> [How to complete this task]:
State how many lines in the listing below contain the word "either", and write nothing else.

> [Entries provided]:
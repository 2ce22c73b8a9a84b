-- ===== src/Sync/Bloom/Member.antt =====
-- runtime/pullrun-sync/src/bloom.rs: what was inserted is contained, and stays so.
use Prim.Native.Nat.{bit_and, bit_or}
use native.Mathlib.Nat.{mod-lt}
use pullrun.Base.{
  ℕ, zero, suc, ◌+◌, ◌*◌, ◌/◌, ◌%◌, ◌^◌, ◌≤◌, ◌<◌, ◌≡◌, refl, ap, sym, subst, ◌∙◌, Bool, true,
  false, some, List, [], ◌∷◌, arith, ◌==◌, length, length-replicate, Bool-cases, Option-cases,
  some-inj, inl, inr,
}
use pullrun.Base.Bits.{bit, bit-bit_or, bit-pow, bit-le-one, bit_of_test, test_of_bit}
use pullrun.Base.Words.{Bytes, u64_mod}
use pullrun.Sync.Bloom.{
  BloomFilter, word_count, new, g_i, read_word, set_bit, insert_loop, contains_loop, hash_seed,
  insert, contains,
}

-- The words hold all `m` bits, and there is one.
pub record IsFilter (f : BloomFilter) : Type 0 where
  pub some_bits : 0 < f.m
  pub words : length f.bits ≡ word_count f.m

-- Every bit of `xs` is set in `ys`.
pub data Below : List ℕ → List ℕ → Type 0 where
  nil : Below [] []
  cons :
      {x y : ℕ} {xs ys : List ℕ}
      → ((o : ℕ) → bit o x ≤ bit o y)
      → Below xs ys
      → Below (x ∷ xs) (y ∷ ys)

pub Below-refl : (xs : List ℕ) → Below xs xs
Below-refl [] = nil
Below-refl (x ∷ xs) = cons (λ o. omega arith) (Below-refl xs)

Below-trans : {xs ys zs : List ℕ} → Below xs ys → Below ys zs → Below xs zs
Below-trans nil nil = nil
Below-trans (cons f p) (cons g q) = cons (λ o. omega (arith, f o, g o)) (Below-trans p q)

Below-set_bit : (xs ys : List ℕ) (i o : ℕ) → set_bit xs i o ≡ some ys → Below xs ys
unfolding set_bit
Below-set_bit [] ys i o e = cc
Below-set_bit (x ∷ xs) ys zero o e =
    subst (Below (x ∷ xs)) (some-inj e)
      (cons (λ k. omega (arith, bit-bit_or k x (2 ^ o))) (Below-refl xs))
Below-set_bit (x ∷ xs) ys (suc i) o e = elim (Option-cases (set_bit xs i o)) [
  | inl n ↦ cc (rw n at e)
  | inr (zs, s) ↦
      subst (Below (x ∷ xs)) (some-inj (rw s at e))
        (cons (λ k. omega arith) (Below-set_bit xs zs i o s))
]

Below-read :
    {xs ys : List ℕ} (i w : ℕ)
    → Below xs ys
    → read_word xs i ≡ some w
    → (v : ℕ) × (read_word ys i ≡ some v) × ((o : ℕ) → bit o w ≤ bit o v)
unfolding read_word
Below-read i w nil e = cc
Below-read zero w (cons {y = y} f p) e = (y, refl, λ o. rw (← some-inj e) (f o))
Below-read (suc i) w (cons f p) e = Below-read i w p e

read-set_bit :
    (xs ys : List ℕ) (i o : ℕ)
    → set_bit xs i o ≡ some ys
    → (v : ℕ) × (read_word ys i ≡ some v) × (bit o v ≡ 1)
unfolding set_bit read_word
read-set_bit [] ys i o e = cc
read-set_bit (x ∷ xs) ys zero o e = (
  bit_or x (2 ^ o),
  rw (← some-inj e),
  omega (arith, bit-bit_or o x (2 ^ o), bit-pow o, bit-le-one o x),
)
read-set_bit (x ∷ xs) ys (suc i) o e = elim (Option-cases (set_bit xs i o)) [
  | inl n ↦ cc (rw n at e)
  | inr (zs, s) ↦
      let (v, r, b) = read-set_bit xs zs i o s in
      (v, subst (λ l. read_word l (suc i) ≡ some v) (some-inj (rw s at e)) r, b)
]

pub contains_mono :
    (n i h1 h2 m : ℕ) {xs ys : List ℕ}
    → Below xs ys
    → contains_loop n i h1 h2 m xs ≡ some true
    → contains_loop n i h1 h2 m ys ≡ some true
unfolding contains_loop
contains_mono zero i h1 h2 m p e = refl
contains_mono (suc n) i h1 h2 m {xs} {ys} p e = elim (Option-cases (g_i h1 h2 i m)) [
  | inl none_g ↦ cc (rw none_g at e)
  | inr (b, g) ↦ elim (Option-cases (read_word xs (b / 64))) [
    | inl none_r ↦ cc (rw (g, none_r) at e)
    | inr (w, r) ↦ elim (Bool-cases (bit_and w (2 ^ (b % 64)) == 0)) [
      | inl out ↦ cc (rw (g, r, out) at e)
      | inr inside ↦
          let (v, s, le) = Below-read (b / 64) w p r in
          let set : bit (b % 64) v ≡ 1 =
            omega (arith, le (b % 64), bit_of_test w (b % 64) inside, bit-le-one (b % 64) v) in
          rw (g, s, test_of_bit v (b % 64) set)
            (contains_mono n (i + 1) h1 h2 m p (rw (g, r, inside) at e))
    ]
  ]
]

insert-Below :
    (n i h1 h2 m : ℕ) (xs ys : List ℕ) → insert_loop n i h1 h2 m xs ≡ some ys → Below xs ys
unfolding insert_loop
insert-Below zero i h1 h2 m xs ys e = subst (Below xs) (some-inj e) (Below-refl xs)
insert-Below (suc n) i h1 h2 m xs ys e = elim (Option-cases (g_i h1 h2 i m)) [
  | inl none_g ↦ cc (rw none_g at e)
  | inr (b, g) ↦ elim (Option-cases (set_bit xs (b / 64) (b % 64))) [
    | inl none_s ↦ cc (rw (g, none_s) at e)
    | inr (zs, s) ↦
        Below-trans (Below-set_bit xs zs (b / 64) (b % 64) s)
          (insert-Below n (i + 1) h1 h2 m zs ys (rw (g, s) at e))
  ]
]

insert-contains :
    (n i h1 h2 m : ℕ) (xs ys : List ℕ)
    → insert_loop n i h1 h2 m xs ≡ some ys
    → contains_loop n i h1 h2 m ys ≡ some true
unfolding insert_loop contains_loop
insert-contains zero i h1 h2 m xs ys e = refl
insert-contains (suc n) i h1 h2 m xs ys e = elim (Option-cases (g_i h1 h2 i m)) [
  | inl none_g ↦ cc (rw none_g at e)
  | inr (b, g) ↦ elim (Option-cases (set_bit xs (b / 64) (b % 64))) [
    | inl none_s ↦ cc (rw (g, none_s) at e)
    | inr (zs, s) ↦
        let later = rw (g, s) at e in
        let (w, r, one) = read-set_bit xs zs (b / 64) (b % 64) s in
        let (v, q, le) = Below-read (b / 64) w (insert-Below n (i + 1) h1 h2 m zs ys later) r in
        let set : bit (b % 64) v ≡ 1 = omega (arith, le (b % 64), one, bit-le-one (b % 64) v) in
        rw (g, q, test_of_bit v (b % 64) set) (insert-contains n (i + 1) h1 h2 m zs ys later)
  ]
]

length-set_bit : (xs ys : List ℕ) (i o : ℕ) → set_bit xs i o ≡ some ys → length ys ≡ length xs
unfolding set_bit
length-set_bit [] ys i o e = cc
length-set_bit (x ∷ xs) ys zero o e = ap length (sym (some-inj e))
length-set_bit (x ∷ xs) ys (suc i) o e = elim (Option-cases (set_bit xs i o)) [
  | inl n ↦ cc (rw n at e)
  | inr (zs, s) ↦ ap length (sym (some-inj (rw s at e))) ∙ ap suc (length-set_bit xs zs i o s)
]

set_bit_total : (xs : List ℕ) (i o : ℕ) → i < length xs → (ys : List ℕ) × (set_bit xs i o ≡ some ys)
unfolding set_bit
set_bit_total [] i o h = absurd (omega arith)
set_bit_total (x ∷ xs) zero o h = (bit_or x (2 ^ o) ∷ xs, refl)
set_bit_total (x ∷ xs) (suc i) o h =
    let (ys, e) = set_bit_total xs i o (omega arith) in (x ∷ ys, rw e)

g_i_total : (h1 h2 i m : ℕ) → 0 < m → (b : ℕ) × (g_i h1 h2 i m ≡ some b) × (b < m)
unfolding g_i
g_i_total h1 h2 i m h = (
  (h1 + i) % u64_mod * h2 % u64_mod % m,
  ground arith,
  mod-lt ((h1 + i) % u64_mod * h2 % u64_mod) h,
)

insert_loop_total :
    (n i h1 h2 m : ℕ) (xs : List ℕ)
    → 0 < m
    → length xs ≡ word_count m
    → (ys : List ℕ) × (insert_loop n i h1 h2 m xs ≡ some ys) × (length ys ≡ word_count m)
unfolding insert_loop
insert_loop_total zero i h1 h2 m xs h l = (xs, refl, l)
insert_loop_total (suc n) i h1 h2 m xs h l =
    let (b, g, lt) = g_i_total h1 h2 i m h in
    let (zs, s) = set_bit_total xs (b / 64) (b % 64) (omega (arith, l)) in
    let (ys, e, k) =
      insert_loop_total n (i + 1) h1 h2 m zs h (length-set_bit xs zs (b / 64) (b % 64) s ∙ l) in
    (ys, rw (g, s) e, k)

read_word_total : (xs : List ℕ) (i : ℕ) → i < length xs → (w : ℕ) × (read_word xs i ≡ some w)
unfolding read_word
read_word_total [] i h = absurd (omega arith)
read_word_total (x ∷ xs) zero h = (x, refl)
read_word_total (x ∷ xs) (suc i) h = read_word_total xs i (omega arith)

contains_loop_total :
    (n i h1 h2 m : ℕ) (xs : List ℕ)
    → 0 < m
    → length xs ≡ word_count m
    → (b : Bool) × (contains_loop n i h1 h2 m xs ≡ some b)
unfolding contains_loop
contains_loop_total zero i h1 h2 m xs h l = (true, refl)
contains_loop_total (suc n) i h1 h2 m xs h l =
    let (b, g, lt) = g_i_total h1 h2 i m h in
    let (w, r) = read_word_total xs (b / 64) (omega (arith, l)) in
    let (v, e) = contains_loop_total n (i + 1) h1 h2 m xs h l in
    elim (Bool-cases (bit_and w (2 ^ (b % 64)) == 0)) [
      | inl out ↦ (false, rw (g, r, out))
      | inr inside ↦ (v, rw (g, r, inside) e)
    ]

module _ (sha256 : Bytes → Bytes) where
  -- On a well-formed filter `insert` does not panic, and it keeps the filter well-formed.
  pub insert-IsFilter :
      (item : Bytes) (f : BloomFilter)
      → IsFilter f
      → (g : BloomFilter) × (insert sha256 item f ≡ some g) × IsFilter g
  unfolding insert
  insert-IsFilter item f v =
      let (ys, e, l) =
        insert_loop_total f.k 0 (hash_seed sha256 item 0) (hash_seed sha256 item 1) f.m f.bits
          v.some_bits v.words in
      (
        record f { bits = ys; num_items = f.num_items + 1 },
        rw e,
        record { some_bits = v.some_bits; words = l },
      )

  pub contains_total :
      (item : Bytes) (f : BloomFilter) → IsFilter f → (b : Bool) × (contains sha256 f item ≡ some b)
  unfolding contains
  contains_total item f v = contains_loop_total f.k 0 _ _ f.m f.bits v.some_bits v.words

  -- An item that was inserted is contained: there are no false negatives.
  pub contains-insert_self :
      (item : Bytes) (f g : BloomFilter)
      → insert sha256 item f ≡ some g
      → contains sha256 g item ≡ some true
  unfolding insert contains
  contains-insert_self item f g e =
      elim (Option-cases
        (insert_loop f.k 0 (hash_seed sha256 item 0) (hash_seed sha256 item 1) f.m f.bits)) [
          | inl n ↦ cc (rw n at e)
          | inr (ys, s) ↦
              subst
                (λ x.
                  contains_loop x.k 0 (hash_seed sha256 item 0) (hash_seed sha256 item 1) x.m x.bits
                  ≡ some true)
                (some-inj (rw s at e)) (insert-contains f.k 0 _ _ f.m f.bits ys s)
        ]

  -- Inserting another item takes none away.
  pub contains-insert :
      (item other : Bytes) (f g : BloomFilter)
      → insert sha256 other f ≡ some g
      → contains sha256 f item ≡ some true
      → contains sha256 g item ≡ some true
  unfolding insert contains
  contains-insert item other f g e c =
      elim (Option-cases
        (insert_loop f.k 0 (hash_seed sha256 other 0) (hash_seed sha256 other 1) f.m f.bits)) [
          | inl n ↦ cc (rw n at e)
          | inr (ys, s) ↦
              subst
                (λ x.
                  contains_loop x.k 0 (hash_seed sha256 item 0) (hash_seed sha256 item 1) x.m x.bits
                  ≡ some true)
                (some-inj (rw s at e))
                (contains_mono f.k 0 _ _ f.m (insert-Below f.k 0 _ _ f.m f.bits ys s) c)
        ]

pub IsFilter-new : (m k : ℕ) → 0 < m → IsFilter (new m k)
unfolding new
IsFilter-new m k h = record { some_bits = h; words = length-replicate (word_count m) 0 }
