-- ===== src/Sync/Bloom/Merge.antt =====
-- runtime/pullrun-sync/src/bloom.rs: `merge` keeps what either filter contains.
use pullrun.Base.{
  ℕ, ◌≡◌, refl, subst, max, true, some, List, [], ◌∷◌, arith, ◌==◌, ==_iff, length, Bool-cases, ◌⊎◌,
  inl, inr, some-inj,
}
use pullrun.Base.Bits.{bit-bit_or}
use pullrun.Base.Words.{Bytes}
use pullrun.Sync.Bloom.{BloomFilter, merge_words, merge, contains}
use pullrun.Sync.Bloom.Member.{IsFilter, Below, nil, cons, contains_mono}

Below-merge :
    (xs ys : List ℕ)
    → length xs ≡ length ys
    → Below xs (merge_words xs ys) × Below ys (merge_words xs ys)
unfolding merge_words
Below-merge [] [] h = (nil, nil)
Below-merge [] (y ∷ ys) h = absurd (omega arith)
Below-merge (x ∷ xs) [] h = absurd (omega arith)
Below-merge (x ∷ xs) (y ∷ ys) h =
    let (p, q) = Below-merge xs ys (omega arith) in
    (cons (λ o. omega (arith, bit-bit_or o x y)) p, cons (λ o. omega (arith, bit-bit_or o x y)) q)

length-merge_words : (xs ys : List ℕ) → length (merge_words xs ys) ≡ length xs
unfolding merge_words
length-merge_words [] ys = refl
length-merge_words (x ∷ xs) [] = refl
length-merge_words (x ∷ xs) (y ∷ ys) = omega (arith, length-merge_words xs ys)

abbrev merged : BloomFilter → BloomFilter → BloomFilter
merged f g = record f { bits = merge_words f.bits g.bits; num_items = max f.num_items g.num_items }

merge-inv :
    (f g h : BloomFilter)
    → merge f g ≡ some h
    → (merged f g ≡ h) × (length f.bits ≡ length g.bits) × (f.k ≡ g.k)
unfolding merge
merge-inv f g h e = elim (Bool-cases (length f.bits == length g.bits)) [
  | inl l ↦ elim (Bool-cases (f.k == g.k)) [
    | inl k ↦ (
      some-inj (rw (l, k) at e),
      (==_iff (length f.bits) (length g.bits)).0 l,
      (==_iff f.k g.k).0 k,
    )
    | inr k ↦ cc (rw (l, k) at e)
  ]
  | inr l ↦ cc (rw l at e)
]

pub merge-IsFilter : (f g h : BloomFilter) → IsFilter f → merge f g ≡ some h → IsFilter h
merge-IsFilter f g h v e = subst IsFilter (merge-inv f g h e).0 (record {
  some_bits = v.some_bits;
  words = omega (arith, length-merge_words f.bits g.bits, v.words);
})

-- Where two filters have one `m` and merge without a panic, the merged filter contains what
-- either contained.
pub contains-merge :
    (sha256 : Bytes → Bytes) (item : Bytes) (f g h : BloomFilter)
    → f.m ≡ g.m
    → merge f g ≡ some h
    → (contains sha256 f item ≡ some true) ⊎ (contains sha256 g item ≡ some true)
    → contains sha256 h item ≡ some true
unfolding contains
contains-merge sha256 item f g h m e (inl c) =
    let (same, l, k) = merge-inv f g h e in
    subst (λ x. contains sha256 x item ≡ some true) same
      (contains_mono f.k 0 _ _ f.m (Below-merge f.bits g.bits l).0 c)
contains-merge sha256 item f g h m e (inr c) =
    let (same, l, k) = merge-inv f g h e in
    subst (λ x. contains sha256 x item ≡ some true) same
      (rw (k, m) (contains_mono g.k 0 _ _ g.m (Below-merge f.bits g.bits l).1 c))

> [Answer space]:
2